A 20-Year Journey Home: The Case of Mrs. Z

This case study illustrates how important it is to be consistent and patient when building trust with someone who is experiencing homelessness and mental illness. Positive engagement experiences and the development of a therapeutic relationship can help someone to move on from homelessness.

Daniel is the Director of Park Avenue Women’s Shelter, and also an Adjunct Professor at the Hunter College School of Social Work. He is a graduate of psychoanalytic training at the New York Institute for Psychoanalytic Self Psychology and a doctoral student of Social Work at New York University. Daniel is a contributing writer for the HRC website, as a member of the HRC Provider Content Network. Interested in submitting a story? Click here.

As a homeless service provider, you probably know that outreach and engagement works. Although the process of engagement can take a lot of time and patience, it is always worth it to try to help someone move on from homelessness.

Sometimes a person’s history or characteristics may seem overwhelming. You may find yourself wondering how you will ever get through to someone and build trust. Yet the therapeutic alliance is critical to help clients obtain and retain permanent housing. Studies have shown that the therapeutic alliance between client and social worker decreases symptom severity and length of homelessness.

Ms. Z’s story underscores the importance of building this relationship, as well as the benefits of low-demand, supportive housing to help end homelessness.  

The Case of Ms. Z

Ms. Z, a 57 year-old single woman experiencing homelessness for close to 20 years, has mostly lived in the same homeless shelter. She is diagnosed as schizophrenic. As part of this disease, Ms. Z has delusions that cause her to believe that she was once married to two famous men and that she once owned multiple businesses and properties, including the shelter building.

Ms. Z never left the shelter, which she had come to know as home, with the exception of a hospitalization. Ms. Z could not leave the shelter because she was afraid she would be kidnapped. Staying behind the shelter’s doors gave her a strong sense of safety and attachment. She claimed to have been kidnapped as a teenager and feared this could happen once again if she were to leave.

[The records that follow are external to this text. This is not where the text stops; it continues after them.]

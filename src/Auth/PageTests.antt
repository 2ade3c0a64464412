-- ===== src/Auth/PageTests.antt =====
-- The login page on concrete inputs, and the theorems applied to them.
use scylladb_grpc_microservi.Common.{◌≡◌, refl, true, false, none, some, [], ◌∷◌, empty}
use scylladb_grpc_microservi.Auth.Cookies.{apply_writes, cookie_value, refresh_token_cookie_name}
use scylladb_grpc_microservi.Auth.Validate.{validate_refresh_token}
use scylladb_grpc_microservi.Auth.Proxy.{proxy}
use scylladb_grpc_microservi.Auth.Guards.{is_valid, require_guest}
use scylladb_grpc_microservi.Auth.Guards.Laws.{proxy-login-guest}
use scylladb_grpc_microservi.Auth.Typewriter.{text_at, ticks, start}
use scylladb_grpc_microservi.Auth.Typewriter.Laws.{ticks-next}
use scylladb_grpc_microservi.Auth.SessionTests.{context, session, no_session_redirect}
use scylladb_grpc_microservi.Auth.Tests

proxy-login-guest_example :
    let after = apply_writes (proxy context empty Tests.cached_state).1.cookies session in
    let guest =
      (require_guest context.jose context.outside context.env false 6000 after
        Tests.cached_state).1 in
    ((proxy context empty Tests.cached_state).1.redirect ≡ some "/login")
    × (false ≡ false → guest ≡ none)
    × (false ≡ true
        → (after ≡ session)
          × (is_valid
                  (validate_refresh_token context.jose context.outside context.env 6000
                    (cookie_value (refresh_token_cookie_name false) session)
                    Tests.cached_state).1
                ≡ true
              → guest ≡ some "/workspace"))
proxy-login-guest_example =
    proxy-login-guest context empty session Tests.cached_state Tests.cached_state 6000
      no_session_redirect

ticks-next_example : ticks true ("Hi" ∷ ("you" ∷ [])) 6 (start 0) ≡ start 1
unfolding text_at
ticks-next_example = ticks-next true ("Hi" ∷ ("you" ∷ [])) 0 refl refl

During a brief hospitalization, Ms. Z benefitted from a successful trial of an anti-psychotic medication. She was also re-introduced to basic socialization skills. Ms. Z started to see that staff could be helpful. She became more attentive to her hygiene and concerned about her appearance, showering more frequently and allowing staff to purchase clothes for her. At the shelter, social workers and psychiatric staff grew hopeful that she might allow a deeper therapeutic relationship to develop.

As Ms. Z settled back into the shelter, her social worker began engaging with her on a daily basis. They sat in the hallway and on the stairs leading up to the sleeping area. Staff would accompany Ms. Z to the basement of the building during fire drills. They would discuss the beauty of the ornate building. Initially, staff sought only to listen to Ms. Z and validate her experiences.

Through these constant and consistent engagement attempts, Ms. Z began to trust her social worker. The therapeutic relationship deepened more quickly than anyone expected. Within a few weeks, Ms. Z was eager to see her social worker, both informally in the hallway and formally during their scheduled sessions.  

Ms. Z began making slow yet steady strides toward housing. She began attending groups and eating meals with other residents. Still, Ms. Z made it clear that she would not leave the shelter because she “owned the building” and knew, “my children are coming for me.” However, staff believed that under the right circumstances, she might actually be willing to leave.

As the therapeutic relationship continued, the shelter managers along with local homeless service officials located a supportive housing provider who would readily accept Ms. Z without being “housing ready.” Staff from the housing provider visited Ms. Z on many occasions. She continually protested, stating that there were no reasons for the meetings.         

Over time, Ms. Z agreed to move out of shelter. Together, the staff and Ms. Z set a date for her to move out. That day, Ms. Z agreed to leave and simply stated, “If my social worker thinks it is a good idea, maybe I’ll go.” She said many times that the only reason she agreed to move out was because of the trust she felt for her social worker. Ms. Z successfully moved into permanent housing, leaving behind her life of homelessness.